Ask potential hires about their experience in handling PHI. If they have minimal to none, that may not exclude them from being hired, but you will at least know the level of experience you are dealing with and can tailor the amount of training accordingly. Employees with substantial knowledge of PHI may be able to separate themselves from other candidates. Talk about social media use in the center, and gauge the level of familiarity the applicant has with PHI protocol. Develop hypothetical questions related to PHI disclosure through social media, and see whether the applicant can spot the issues.
Training on PHI, including a review of how the center uses social media, and how inappropriate use of social media can result in HIPAA violations, should begin in the orientation process. For example, employees should know the identifiers specified by the HIPAA regulations that can result in a violation. They should be informed that seemingly private communications can illegally disclose PHI, and they should be provided with examples of how PHI breaches can occur on social media. In addition, employees who interact with the public on social media should be given specific instructions on how to use various platforms. For example, they should be advised that responses to negative reviews must not contain PHI. The center’s social media policy should also be reviewed for compliance with the growing body of state and federal laws, including recent decisions of the National Labor Relations Board, regarding employee rights related to social media in the workplace.
Employees should not be given access to any of the center’s social media passwords until training has been completed and documented. Employees should receive regular follow-up training on HIPAA requirements, with social media remaining a key area of focus.
In conjunction with their HIPAA training, all employees should receive written policies on the use of social media, both in the employee handbook and as stand-alone documents. These policies should be saved in the employees’ personnel files.
A well-trained employee should be designated to regularly monitor social media sites used by the center, and to review and respond to information posted about the center on the internet. Work with your information technology department to set up procedures that will maximize your ability to monitor all relevant posts.
Bring your employees into the conversation about best practices. Make social media a regular topic in meetings, review breaches that are reported in the news, and survey employees for their opinions on how to prevent breaches.

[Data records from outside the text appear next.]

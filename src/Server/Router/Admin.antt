-- ===== src/Server/Router/Admin.antt =====
-- The admin API: who may use it, what a deletion changes and what the list shows.
use loophole.Base.{
  ℕ, ◌≡◌, ◌≢◌, ◌⊎◌, ◌↔◌, refl, ap, ◌∙◌, inl, inr, true, none, some, List, [], ◌∷◌, ◌++◌, arith,
  Bool-cases, Option-cases, is_some, if◌then◌else◌, ok, err, length, map, All,
}
use loophole.Text.{Text, codes, ◌==◌, strip_prefix}
use loophole.Text.Laws.{eq_iff, strip_prefix-append, eq-append_of_strip_prefix}
use loophole.Map.{get-ne-none_of_keys}
use loophole.Server.Registry
use loophole.Server.Registry.{Registry}
use loophole.Server.Registry.Invariant.{IsSound, get-deregister}
use loophole.Server.Config.Defs.{Config, validate_admin_token}
use loophole.Server.Proxy.Defs.{Request}
use loophole.Server.Router.Defs.{
  ServerState, admin_error, tunnel_list, no_content, TunnelInfo, header_text, validate_admin_auth,
  tunnel_infos, list_tunnels, delete_tunnel,
}

-- The request carries an admin token of the configuration.
pub record IsAuthorized (req : Request) (config : Config) : Type 0 where
  pub token : Text
  pub bearer : header_text (codes "authorization") req ≡ some (codes "Bearer " ++ token)
  pub admin : validate_admin_token config token ≡ true

validate_admin_auth_iff :
    (req : Request) (config : Config)
    → (validate_admin_auth req config ≡ ok tt) ↔ IsAuthorized req config
unfolding validate_admin_auth
validate_admin_auth_iff req config = (to, from)
  where
    to : validate_admin_auth req config ≡ ok tt → IsAuthorized req config
    to h = elim (Option-cases (header_text (codes "authorization") req)) [
      | inl missing ↦ absurd (ground arith)
      | inr (given, found) ↦ elim (Option-cases (strip_prefix given (codes "Bearer "))) [
        | inl bad ↦ absurd (ground arith)
        | inr (token, stripped) ↦ record {
          token = token;
          bearer =
              found ∙ ap some (eq-append_of_strip_prefix given (codes "Bearer ") token stripped);
          admin = ground arith;
        }
      ]
    ]

    from : IsAuthorized req config → validate_admin_auth req config ≡ ok tt
    from v = ground (arith, v.bearer, v.admin, strip_prefix-append (codes "Bearer ") v.token)

validate_admin_auth-cases :
    (req : Request) (config : Config)
    → (validate_admin_auth req config ≡ ok tt)
      ⊎ ((message : Text) × (validate_admin_auth req config ≡ err (admin_error 401 message)))
unfolding validate_admin_auth
validate_admin_auth-cases req config =
    elim (Option-cases (header_text (codes "authorization") req)) [
      | inl missing ↦ inr (codes "Authorization header required", ground arith)
      | inr (given, found) ↦ elim (Option-cases (strip_prefix given (codes "Bearer "))) [
        | inl bad ↦ inr (codes "Invalid authorization format", ground arith)
        | inr (token, stripped) ↦ elim (Bool-cases (validate_admin_token config token)) [
          | inl t ↦ inl (ground arith)
          | inr f ↦ inr (codes "Invalid or non-admin token", ground arith)
        ]
      ]
    ]

-- Without an admin token both calls answer 401, and a deletion changes nothing.
pub admin-unauthorized :
    (state : ServerState) (now : ℕ) (subdomain : Text) (req : Request)
    → ¬ IsAuthorized req state.config
    → (message : Text) × (list_tunnels state now req ≡ admin_error 401 message)
      × (delete_tunnel state subdomain req ≡ (state, admin_error 401 message))
unfolding list_tunnels delete_tunnel
admin-unauthorized state now subdomain req h = elim (validate_admin_auth-cases req state.config) [
  | inl accepted ↦ absurd (h ((validate_admin_auth_iff req state.config).0 accepted))
  | inr (message, refused) ↦ (message, ground arith, ground arith)
]

-- With an admin token a deletion takes exactly the named tunnel out of the registry and answers 204
-- if it was there, else 404.
pub delete_tunnel-authorized :
    (state : ServerState) (subdomain j : Text) (req : Request)
    → IsAuthorized req state.config
    → (Registry.get (delete_tunnel state subdomain req).0.registry j
        ≡ (if subdomain == j then none else Registry.get state.registry j))
      × ((delete_tunnel state subdomain req).1 ≡ (
          if is_some (Registry.get state.registry subdomain)
          then no_content
          else admin_error 404 (codes "Tunnel '" ++ (subdomain ++ codes "' not found"))))
unfolding delete_tunnel
delete_tunnel-authorized state subdomain j req v =
    let accepted = (validate_admin_auth_iff req state.config).1 v in
    (ground (arith, get-deregister state.registry subdomain j, eq_iff subdomain j), ground arith)

tunnel_infos-subdomains :
    (r : Registry) (now : ℕ) (ss : List Text)
    → IsSound r
    → All (λ s. Registry.get r s ≢ none) ss
    → map (λ (i : TunnelInfo). i.subdomain) (tunnel_infos r now ss) ≡ ss
unfolding tunnel_infos
tunnel_infos-subdomains r now [] v h = refl
tunnel_infos-subdomains r now (s ∷ ss) v (here, h) = elim (Option-cases (Registry.get r s)) [
  | inl missing ↦ absurd (here missing)
  | inr (t, found) ↦
      let (_, _, name) = v.named s t found in ground (arith, tunnel_infos-subdomains r now ss v h)
]

-- With an admin token, and a registry that keeps its invariant, the list has the names of the
-- registry in their order, and the count is their number.
pub list_tunnels-authorized :
    (state : ServerState) (now : ℕ) (req : Request)
    → IsAuthorized req state.config
    → IsSound state.registry
    → (infos : List TunnelInfo) × (list_tunnels state now req ≡ tunnel_list infos (length infos))
      × (map (λ (i : TunnelInfo). i.subdomain) infos ≡ Registry.subdomains state.registry)
unfolding list_tunnels
list_tunnels-authorized state now req v sound =
    let accepted = (validate_admin_auth_iff req state.config).1 v in
    (
      tunnel_infos state.registry now (Registry.subdomains state.registry),
      ground arith,
      tunnel_infos-subdomains state.registry now _ sound
          (unfold Registry.get Registry.subdomains in get-ne-none_of_keys state.registry.tunnels),
    )
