-- ===== src/Cli/Status/Report.antt =====
-- status.rs: `run`, with what it prints. The HTTP request, the reader of its JSON and the text of a
-- quotient with one decimal are arguments; colours are left out.
use loophole.Base.{
  ℕ, zero, suc, ◌-◌, Option, none, some, List, [], ◌∷◌, ◌++◌, map, length, leb, is_empty,
  if◌then◌else◌,
}
use loophole.Text.{Text, codes}
use loophole.Text.Numbers.{to_string}
use loophole.Console.{Action, pure, raise, or_raise, or_error, ◌>>=◌, ◌>>◌, say_all}
use loophole.Server.Config.Defs.{Config}
use loophole.Server.Router.Defs.{TunnelInfo}
use loophole.Cli.Credentials.{ClientConfig, File}
use loophole.Cli.Status.{format_duration, admin_url, credentials, status_error}

abbrev spaces : ℕ → Text
spaces zero = []
spaces (suc n) = 32 ∷ spaces n

-- `{:<n}`.
unfoldable pub pad : ℕ → Text → Text
pad n s = s ++ spaces (n - length s)

abbrev pub refuse : Option Text → Action (Unit {0})
refuse none = pure tt
refuse (some e) = raise e

module _ (one_decimal : ℕ → ℕ → Text) where
  unfoldable pub format_count : ℕ → Text
  format_count n =
      if leb 1_000_000 n
      then one_decimal n 1_000_000 ++ codes "M"
      else if leb 1_000 n
      then one_decimal n 1_000 ++ codes "K"
      else to_string n

  abbrev row : Text → Text → Text → Text → Text
  row a b c d =
      pad 20 a ++ (codes " " ++ (pad 12 b ++ (codes " " ++ (pad 12 c ++ (codes " " ++ pad 12 d)))))

  unfoldable pub tunnel_row : TunnelInfo → Text
  tunnel_row tunnel =
      row tunnel.subdomain (format_duration tunnel.created_at_secs)
        (format_count tunnel.request_count) (format_duration tunnel.idle_secs)

  -- The lines for an answer of the server.
  unfoldable pub report : List TunnelInfo → ℕ → List Text
  report tunnels count =
      (codes "Active Tunnels: " ++ to_string count)
      ∷ codes ""
      ∷ (if is_empty tunnels
          then codes "No active tunnels" ∷ []
          else row (codes "SUBDOMAIN") (codes "AGE") (codes "REQUESTS") (codes "IDLE")
            ∷ map tunnel_row tunnels)

  -- The request gives the number of the status and the body, if the server is reached.
  unfoldable pub run :
      (Text → Option ClientConfig)
      → File
      → Option Config
      → (Text → Text → Option (ℕ × Text))
      → (Text → Option (List TunnelInfo × ℕ))
      → Option Text
      → Option Text
      → Action (Unit {0})
  run client_toml file server_config http from_json server token = do
    given ← or_error (credentials client_toml file server_config server token)
    response ← or_raise (http (admin_url given.0) given.1) (codes "Failed to connect to server")
    refuse (status_error response.0)
    list ← or_raise (from_json response.1) (codes "Failed to parse server response")
    say_all (report list.0 list.1)
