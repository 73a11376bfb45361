-- ===== src/Cli/Status/Admin.antt =====
-- status.rs and server/router.rs together: the admin token that the command finds in the server's
-- configuration, and what the server's admin API answers to it.
use mathlib.Core.Option
use loophole.Base.{ℕ, Option, List, []}
use loophole.Text.{Text}
use loophole.Map
use loophole.Map.{Map}
use loophole.Console.{Console}
use loophole.Server.Registry
use loophole.Server.Config.Defs.{Config}
use loophole.Server.Router.Defs.{Answer, admin_error, tunnel_list, TunnelInfo}

-- What a request is answered, as a number and a body: the list and the errors of the admin API are
-- JSON; nothing else is an answer of `list_tunnels`.
abbrev pub response : (List TunnelInfo → ℕ → Text) → (Text → Text) → Answer → ℕ × Text
response list_json error_json (tunnel_list infos count) = (200, list_json infos count)
response list_json error_json (admin_error code message) = (code, error_json message)
response list_json error_json _ = (500, [])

When employees leave the center, a review must be immediately conducted to determine whether they had access to social media passwords. Your information technology department should ensure that former employees can no longer post anything on the center’s social media platforms.
Though the world of social media presents substantial risk regarding PHI, the good news is that with careful preparation and consistent practices, urgent care centers can proactively manage this risk.